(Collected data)
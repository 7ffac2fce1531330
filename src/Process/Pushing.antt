-- ===== src/Process/Pushing.antt =====
-- Every branch of `Stack::push_prepared_frame` in src/process/stack.cpp.
use wudoovm.Common.{
  ◌⊎◌, inl, inr, Bool-cases, ℕ, ◌≤◌, ◌<◌, ◌≡◌, refl, ap, true, false, none, some, [], ◌∷◌, length,
  arith, ◌==◌, ltb,
}
use wudoovm.Common.Outcome.{ok, throw}
use wudoovm.Process.State.{Process, Frame, Stack, text, number}
use wudoovm.Process.Action.{
  described, undefined, then_run, ◌>>◌, fail, found, gets, modify, on_stack, pure, put_stack, when,
  ◌>>=◌,
}
use wudoovm.Process.Frames.{emplace_back, mem, mem_new, set_frames}
use wudoovm.Process.Prepared.{take_frame_new, push_prepared_frame}

==_refl : (a : ℕ) → (a == a) ≡ true
==_refl a = ground arith

-- The prepared frame is on the stack.
abbrev pub pushed : {V : Type 0} → ℕ → ℕ → Process V → Process V
pushed s f p =
    let p1 = put_stack s (record (p.stack_at s) { frame_new = none }) p in
    put_stack s (set_frames (f ∷ Stack.frames (p1.stack_at s)) (p1.stack_at s)) p1

module _ {V : Type 0} (s : ℕ) (p : Process V) (f : ℕ)
    (new : Stack.frame_new (p.stack_at s) ≡ some f) where
  push_new_run : (take_frame_new s >>= λ g. emplace_back s g) p ≡ (ok tt, pushed s f p)
  unfolding ◌>>=◌ gets found pure on_stack modify emplace_back
  push_new_run =
      ap
        (λ o.
          then_run
            (then_run (found undefined o p)
              (λ g. on_stack s (λ y. record y { frame_new = none }) >> pure g))
            (λ g. emplace_back s g))
        new

  pub push_with_room :
      mem f (Stack.frames (p.stack_at s)) ≡ false
      → length (Stack.frames (p.stack_at s)) ≤ 8192
      → push_prepared_frame s p ≡ (ok tt, pushed s f p)
  unfolding push_prepared_frame ◌>>=◌ gets when pure
  push_with_room absent room =
      let fresh : mem_new (Stack.frame_new (p.stack_at s)) (Stack.frames (p.stack_at s)) ≡ false =
        rw new absent in
      let small : ltb 8192 (length (Stack.frames (p.stack_at s))) ≡ false = ground arith in
      rw (small, fresh) push_new_run

  -- A stack of up to 8192 frames, on which the prepared frame is not yet, takes the frame; a
  -- larger one throws an exception that names the function, and the process stays as it is.
  pub push_prepared_frame-cases :
      mem f (Stack.frames (p.stack_at s)) ≡ false
      → ((length (Stack.frames (p.stack_at s)) ≤ 8192)
          × (q : Process V) × (push_prepared_frame s p ≡ (ok tt, q))
          × (q.stack_at s ≡ record (p.stack_at s) {
            frames = f ∷ Stack.frames (p.stack_at s);
            frame_new = none;
          }))
        ⊎ ((8192 < length (Stack.frames (p.stack_at s)))
            × (push_prepared_frame s p ≡ (
              throw (
                  described (
                    text "stack size ("
                    ∷ number 8192
                    ∷ text ") exceeded with call to '"
                    ∷ text (Frame.function_name (p.frame_at f))
                    ∷ text "'"
                    ∷ [])),
              p,
            )))
  unfolding push_prepared_frame emplace_back ◌>>=◌ gets found when fail pure on_stack modify
  push_prepared_frame-cases absent =
      elim (Bool-cases (ltb 8192 (length (Stack.frames (p.stack_at s))))) [
        | inl big ↦ inr (ground arith, rw (big, new) refl)
        | inr small ↦
            let room : length (Stack.frames (p.stack_at s)) ≤ 8192 = ground arith in
            inl (room, pushed s f p, push_with_room absent room, rw (==_refl s) refl)
      ]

* **YOUR GOAL**
Go through the data and show each line that holds "number".

* **REPLY**
use wudoovm.Process.State.{Process, Frame, Stack, text, number}
                    ∷ number 8192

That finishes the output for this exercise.